The German language could provide a single word for this unifying concept,
Gesamtkunstwerk
, and Wagner described the ideal art work of the future (
Gesamtwerk der Zukunft
) (1849). His view is ambitious and universal. He wants to add to the “three purely human arts” (music, poetry, dance) “the ancillary aids of drama” (architecture, sculpture, painting).
Oper und Drama
(Opera and Drama) in 1851 elaborated his art ideal. “It is a very remarkable work,” he recalled to Cosima, “and I was very excited when I wrote it, for it is without a predecessor in the history of art, and I was really aiming at a target no one could see.” Fanatic in pursuit of his idea, he prescribed a “radical” water cure for himself and friends, and a “fire cure” for mankind, which started with setting fire to Paris to serve as a beacon. “How much better we shall be after this fire cure!”
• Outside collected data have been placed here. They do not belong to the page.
-- ===== src/Deals/Aligned.antt =====
-- When the schedule follows the date of the deal, and when it does not.
use mathlib.Core.List.{Memᴰ}
use pulse_crm.Prelude.Table.Laws.{count-update, select-All_test}
use pulse_crm.Prelude.Table.Members.{Distinct, mem_of_select, any-mem, All-mem}
use pulse_crm.Prelude.Table.Counts.{any-update, count-pos, count-one-eq, length-select}
use pulse_crm.Prelude.{
  ℕ, ◌≤◌, ◌≡◌, refl, sym, ap, ◌∙◌, inl, inr, true, false, Option, none, some, List, [], ◌∷◌, length,
  ◌==◌, Bool-cases, select, any, count, arith, ok, or_else,
}
use pulse_crm.Models.{Deal}
use pulse_crm.Purchases.{is_active, PurchaseSchedule, same_occurrence}
use pulse_crm.Deals.Schedule.{
  ScheduleStore, active_of, cancel, cancel_in, realigned, align_schedule, cancel_all,
  create_schedule, sync_active, sync_to, sync_purchase_schedule, first_link, contact_of,
}
use pulse_crm.Deals.Settled.{
  rows, active_at, closed_at, IsKept, IsAligned, at_le, cancel_in-none, create_schedule-Created,
  Created-any, any-closed_at, on-active, align_schedule-rows, on,
}

module _ (deal : Deal) where
  module _ (d : ℕ) (s : ScheduleStore) (distinct : Distinct PurchaseSchedule.id (rows s))
      (one : count (active_of deal) (rows s) ≤ 1) (unique : count (on deal d) (rows s) ≤ 1) where
    none-active :
        (id assignee_id : ℕ) (contact_id : Option ℕ) (s' : ScheduleStore)
        → count (active_of deal) (rows s) ≡ 0
        → create_schedule id deal assignee_id contact_id d s ≡ ok s'
        → IsAligned deal (some d) s s'
    none-active id assignee_id contact_id s' zero_before h =
        Created-any deal d (rows s) (rows s') (any (closed_at deal d) (rows s))
          (create_schedule-Created deal id assignee_id contact_id d s s' h zero_before)
          (any-closed_at deal d (rows s) (λ y m t. elim (on-active deal d y t) [
            | inl off ↦ off
            | inr (live, same) ↦ absurd (
                let more = count-pos (active_of deal) (rows s) {x = y} m live in
                omega (arith, more, zero_before))
          ]))

    module _ (x : PurchaseSchedule) (m : Memᴰ x (rows s)) (t : active_of deal x ≡ true) where
      other-cancelled :
          (id assignee_id : ℕ) (contact_id : Option ℕ) (s' : ScheduleStore)
          → (x.scheduled_for == d) ≡ false
          → create_schedule id deal assignee_id contact_id d (cancel_in x s) ≡ ok s'
          → IsAligned deal (some d) s s'
      unfolding same_occurrence
      other-cancelled id assignee_id contact_id s' other h =
          Created-any deal d (rows (cancel_in x s)) (rows s') (any (closed_at deal d) (rows s))
            (create_schedule-Created deal id assignee_id contact_id d (cancel_in x s) s' h
              (cancel_in-none deal x s (distinct, one) m t))
            (any-update (on deal d) (λ y. y.id == x.id) cancel (λ y. refl) (rows s)
              ∙ any-closed_at deal d (rows s) (λ y my ty. elim (on-active deal d y ty) [
                | inl off ↦ off
                | inr (live, same) ↦ absurd (
                    let twin : x ≡ y = count-one-eq (active_of deal) (rows s) one m my t live in
                    let date : x.scheduled_for ≡ d =
                      ap PurchaseSchedule.scheduled_for twin ∙ same in
                    ground (arith, date, other))
              ]))

      same-kept :
          (actor_id assignee_id : ℕ) (contact_id required : Option ℕ) (s' : ScheduleStore)
          → (x.scheduled_for == d) ≡ true
          → align_schedule deal actor_id assignee_id contact_id required x s ≡ ok s'
          → IsAligned deal (some d) s s'
      unfolding same_occurrence active_of
      same-kept actor_id assignee_id contact_id required s' same h =
          let after = align_schedule-rows deal actor_id assignee_id contact_id required x s s' h in
          let kept : count (active_of deal) (rows s') ≡ count (active_of deal) (rows s) =
            ap (count (active_of deal)) after
            ∙ count-update (active_of deal) (λ y. y.id == x.id) (realigned contact_id assignee_id)
                (λ y e. refl) (rows s) in
          let kept' : count (active_at deal d) (rows s') ≡ count (active_at deal d) (rows s) =
            ap (count (active_at deal d)) after
            ∙ count-update (active_at deal d) (λ y. y.id == x.id) (realigned contact_id assignee_id)
                (λ y e. refl) (rows s) in
          let here = count-pos (active_of deal) (rows s) {x = x} m t in
          let here' = count-pos (active_at deal d) (rows s) {x = x} m (ground (arith, t, same)) in
          let bound = at_le deal d (rows s) in
          let open_one : any (closed_at deal d) (rows s) ≡ false =
            elim (Bool-cases (any (closed_at deal d) (rows s))) [
              | inr f ↦ f
              | inl f ↦
                  let (y, my, ty) = any-mem (closed_at deal d) (rows s) f in
                  let on_x : on deal d x ≡ true = ground (arith, t, same) in
                  let on_y : on deal d y ≡ true = ground (arith, ty) in
                  let twin : x ≡ y = count-one-eq (on deal d) (rows s) unique m my on_x on_y in
                  let live : is_active x.status ≡ true = ground (arith, t) in
                  let live' : is_active y.status ≡ true = rw twin at live in
                  absurd (ground (arith, ty, live'))
            ] in
          rw open_one (omega (arith, kept, here, one), omega (arith, kept', here', bound, one))

  -- A list of two is not of at most one.
  too_many :
      {A : Type 0} (x y : PurchaseSchedule) (xs zs : List PurchaseSchedule)
      → length (x ∷ y ∷ xs) ≡ count (active_of deal) zs
      → count (active_of deal) zs ≤ 1
      → A
  too_many x y xs zs e h = absurd (omega (arith, e, h))

  sync_active-IsAligned :
      (id actor_id assignee_id : ℕ) (contact_id required : Option ℕ) (d : ℕ) (s s' : ScheduleStore)
      (active : List PurchaseSchedule)
      → Distinct PurchaseSchedule.id (rows s)
      → count (active_of deal) (rows s) ≤ 1
      → count (on deal d) (rows s) ≤ 1
      → select (active_of deal) (rows s) ≡ active
      → sync_active id deal actor_id assignee_id contact_id required d active s ≡ ok s'
      → IsAligned deal (some d) s s'
  unfolding sync_active
  sync_active-IsAligned id actor_id assignee_id contact_id required d s s' [] distinct one unique e
        h =
      let zero_before : count (active_of deal) (rows s) ≡ 0 =
        sym (length-select (active_of deal) (rows s)) ∙ ap length e in
      none-active d s distinct one unique id assignee_id contact_id s' zero_before h
  sync_active-IsAligned id actor_id assignee_id contact_id required d s s' (x ∷ []) distinct one
        unique e h =
      let inside : Memᴰ x (select (active_of deal) (rows s)) = rw e (Memᴰ.head refl) in
      let m = mem_of_select (active_of deal) (rows s) inside in
      let t = All-mem _ (select-All_test (active_of deal) (rows s)) inside in
      elim (Bool-cases (x.scheduled_for == d)) [
        | inl same ↦
            same-kept d s distinct one unique x m t actor_id assignee_id contact_id required s' same
              (rw (same, sync_active) at h)
        | inr other ↦
            other-cancelled d s distinct one unique x m t id assignee_id contact_id s' other
              (rw (other, sync_active) at h)
      ]
  sync_active-IsAligned id actor_id assignee_id contact_id required d s s' (x ∷ y ∷ ys) distinct one
        unique e h =
      too_many x y ys (rows s) (sym (ap length e) ∙ length-select (active_of deal) (rows s)) one

  cancel_all-none :
      (s : ScheduleStore) (active : List PurchaseSchedule)
      → Distinct PurchaseSchedule.id (rows s)
      → count (active_of deal) (rows s) ≤ 1
      → select (active_of deal) (rows s) ≡ active
      → count (active_of deal) (rows (cancel_all active s)) ≡ 0
  unfolding cancel_all
  cancel_all-none s [] distinct one e = sym (length-select (active_of deal) (rows s)) ∙ ap length e
  cancel_all-none s (x ∷ []) distinct one e =
      let inside : Memᴰ x (select (active_of deal) (rows s)) = rw e (Memᴰ.head refl) in
      cancel_in-none deal x s (distinct, one) (mem_of_select (active_of deal) (rows s) inside)
        (All-mem _ (select-All_test (active_of deal) (rows s)) inside)
  cancel_all-none s (x ∷ y ∷ ys) distinct one e =
      too_many x y ys (rows s) (sym (ap length e) ∙ length-select (active_of deal) (rows s)) one

  sync_to-IsAligned :
      (id actor_id fallback_assignee_id : ℕ) (required : Option ℕ) (s s' : ScheduleStore)
      (date : Option ℕ)
      → IsKept deal s
      → ((d : ℕ) → count (on deal d) (rows s) ≤ 1)
      → sync_to id deal actor_id fallback_assignee_id required date s ≡ ok s'
      → IsAligned deal date s s'
  unfolding sync_to
  sync_to-IsAligned id actor_id fallback_assignee_id required s s' none (distinct, one) unique h =
      let result : cancel_all (select (active_of deal) (rows s)) s ≡ s' = ground (arith, h) in
      let none_left = cancel_all-none s (select (active_of deal) (rows s)) distinct one refl in
      ap (λ q. count (active_of deal) (rows q)) (sym result) ∙ none_left
  sync_to-IsAligned id actor_id fallback_assignee_id required s s' (some d) (distinct, one) unique
        h =
      sync_active-IsAligned id actor_id (or_else deal.assignee_id fallback_assignee_id)
        (contact_of (first_link deal s.deal_contacts)) required d s s'
        (select (active_of deal) (rows s)) distinct one (unique d) refl h

-- If at most one schedule of the deal was active, a synchronization that succeeds leaves none active
-- where the deal has no date. Where it has one, exactly one schedule is active, and for that date,
-- unless the deal has a schedule for that date that is not active: then none is. The identifiers and
-- the occurrences of a deal are unique in the table.
pub sync_purchase_schedule-IsAligned :
    (id : ℕ) (deal : Deal) (fallback_assignee_id actor_id : ℕ) (required : Option ℕ)
    (s s' : ScheduleStore)
    → IsKept deal s
    → ((d : ℕ) → count (same_occurrence deal.workspace_id deal.id d) (rows s) ≤ 1)
    → sync_purchase_schedule id deal fallback_assignee_id actor_id required s ≡ ok s'
    → IsAligned deal deal.next_purchase_at s s'
unfolding sync_purchase_schedule
sync_purchase_schedule-IsAligned id deal fallback_assignee_id actor_id required s s' kept unique h =
    sync_to-IsAligned deal id actor_id fallback_assignee_id required s s' deal.next_purchase_at kept
      unique h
The dogma he now expounded was carefully developed, analytical, historical,
and full of examples. Through it all runs his effort to reconcile word and music, in a new all-encompassing art form. In Part One, “Opera and the Essence of Music,” Wagner focused on the cardinal weakness of all opera before his time. “A means of expression (music) has been made the object; and … the object of expression (drama) has been made the means.” Gluck’s reform, “the revolt of the composer against the singer,” aimed to rescue opera from singers trying to show off. Mozart was indifferent to the words of the libretto and “all he did was to pour the fiery stream of his music into the operatic forms, developing their musical possibilities to the utmost.” But the drama was still only an excuse for the music. “Up to now this melody has been merely song-melody.” Then Beethoven discovered and developed a new more expressive kind of instrumental melody. “In his grandest work,” the Choral Symphony, finding the “absolute-musical,” the “instrumental language,” inadequate to his message he “at last felt the necessity of throwing himself into the arms of the poet” to clarify the meanings of his melody. Wagner went on with his customary extravagance, “The organism of music is capable of bearing living melody only when fructified by the poet’s thought. Music is the female, destined to bring forth—the poet being the real generator; and music reached the very peak of madness when it aspired not only to bear but also to beget.”
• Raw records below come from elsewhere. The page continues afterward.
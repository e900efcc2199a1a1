-- ===== src/Deals/Required.antt =====
-- backend/app/api/crm.py, `replace_required_fields`: what a stage requires of the deals that enter.
use pulse_crm.Prelude.{
  ℕ, String, str_eq, Bool, false, not, ◌&&◌, ◌||◌, Option, none, some, List, [], ◌∷◌, ◌++◌, map,
  length, ◌==◌, is_blank, if◌then◌else◌, find?, any, delete, Result, ok, http, raise_if, require,
  ◌>>=◌, ◌>>◌,
}
use pulse_crm.Access.{Context}
use pulse_crm.Events.{number, record_domain_event}
use pulse_crm.Pipelines.{Stage, stage_not_found, board_event}
use pulse_crm.Deals.{StageRequiredField, DealStore, active_definition, required_at}

pub record RequiredFieldInput : Type 0 where
  pub field_definition_id : Option ℕ
  pub built_in_key : Option String

abbrev pub built_in_required_fields : List String
built_in_required_fields =
    "title" ∷ "company_id" ∷ "contact_ids" ∷ "assignee_id" ∷ "amount" ∷ "source_id"
    ∷ "next_purchase_at" ∷ []

-- The keys and the identifiers that the inputs name; an empty key is none.
unfoldable pub key_of : Option String → List String
key_of none = []
key_of (some key) = if is_blank key then [] else key ∷ []

unfoldable pub builtin_keys : List RequiredFieldInput → List String
builtin_keys [] = []
builtin_keys (x ∷ xs) = key_of x.built_in_key ++ builtin_keys xs

unfoldable pub id_of : Option ℕ → List ℕ
id_of none = []
id_of (some id) = id ∷ []

unfoldable pub definition_ids : List RequiredFieldInput → List ℕ
definition_ids [] = []
definition_ids (x ∷ xs) = id_of x.field_definition_id ++ definition_ids xs

-- `len(set(xs)) != len(xs)`.
unfoldable pub repeats {ℓ} : {A : Type ℓ} → (A → A → Bool) → List A → Bool
repeats same [] = false
repeats same (x ∷ xs) = any (same x) xs || repeats same xs

unfoldable pub is_supported : String → Bool
is_supported key = any (str_eq key) built_in_required_fields

unfoldable pub has_definition : DealStore → Context → ℕ → Bool
has_definition s c id = any (λ d. active_definition c.workspace_id id d && d.of_deals) s.definitions

unfoldable pub own_stage : Context → ℕ → Stage → Bool
own_stage c stage_id x = x.id == stage_id && x.workspace_id == c.workspace_id

abbrev pub new_required : ℕ → ℕ → RequiredFieldInput → StageRequiredField
new_required workspace_id stage_id item = record {
  workspace_id = workspace_id;
  stage_id = stage_id;
  field_definition_id = item.field_definition_id;
  built_in_key = item.built_in_key;
}

unfoldable pub replace_required_fields :
    Context → ℕ → List RequiredFieldInput → DealStore → Result (List StageRequiredField × DealStore)
replace_required_fields c stage_id items s = do
  stage ← require (find? (own_stage c stage_id) s.stages) stage_not_found
  raise_if (any (λ key. not (is_supported key)) (builtin_keys items))
      (http 422 "unsupported built-in required field")
  raise_if (repeats str_eq (builtin_keys items) || repeats (λ a b. a == b) (definition_ids items))
      (http 422 "required fields must be unique")
  raise_if (any (λ id. not (has_definition s c id)) (definition_ids items))
      (http 422 "unknown or non-deal custom field")
  ok (
    map (new_required c.workspace_id stage.id) items,
    record s {
      required_fields =
          map (new_required c.workspace_id stage.id) items
          ++ delete (required_at c stage.id) s.required_fields;
      journal =
          record_domain_event
            (board_event "stage.required_fields_changed" "stage" c stage.id
              (("count", number (length items)) ∷ []))
            s.journal;
    },
  )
Moving on to “The Drama and the Essence of Dramatic Poetry,” Wagner described the unified art work of the future. It will not be a mere mixture of the arts, not merely “reading a romance by Goethe in a picture gallery adorned with statues, during the performance of a Beethoven symphony,” but a merging of all arts into a new form. Drama, till now drawn from romance and Greek drama, has been “an appeal to understanding, not to feeling.” The future must “return from understanding to feeling.” The poet-dramatist must rise above the drab “commonplaces, intrigues, etc., things which modern comedy and drama without music are far more successful in presenting” to “the holy spirit of poetry as it comes down to us in the sagas and legends of past ages.” This required a new collaboration of word-language and tone-language. Poetry, which has mistakenly become only the medium for “understanding,” must be recalled to be the medium of feeling. “The inner man’s most primitive medium of utterance,” “the first emotional language of mankind,” was a language of melody consisting only of vowels. It acquired rhythm by adding gestures. By adding consonants this primitive tone-language became a full-fledged word-language. And when common consonants were grouped together in different words they helped produce a coherent mental picture by alliteration (
Stabreim
) and made poetry the vehicle of understanding. “Feeling sought refuge from an absolute speech of this intellectual kind and sought it in that absolute tone-language which constitutes our music of the present day.”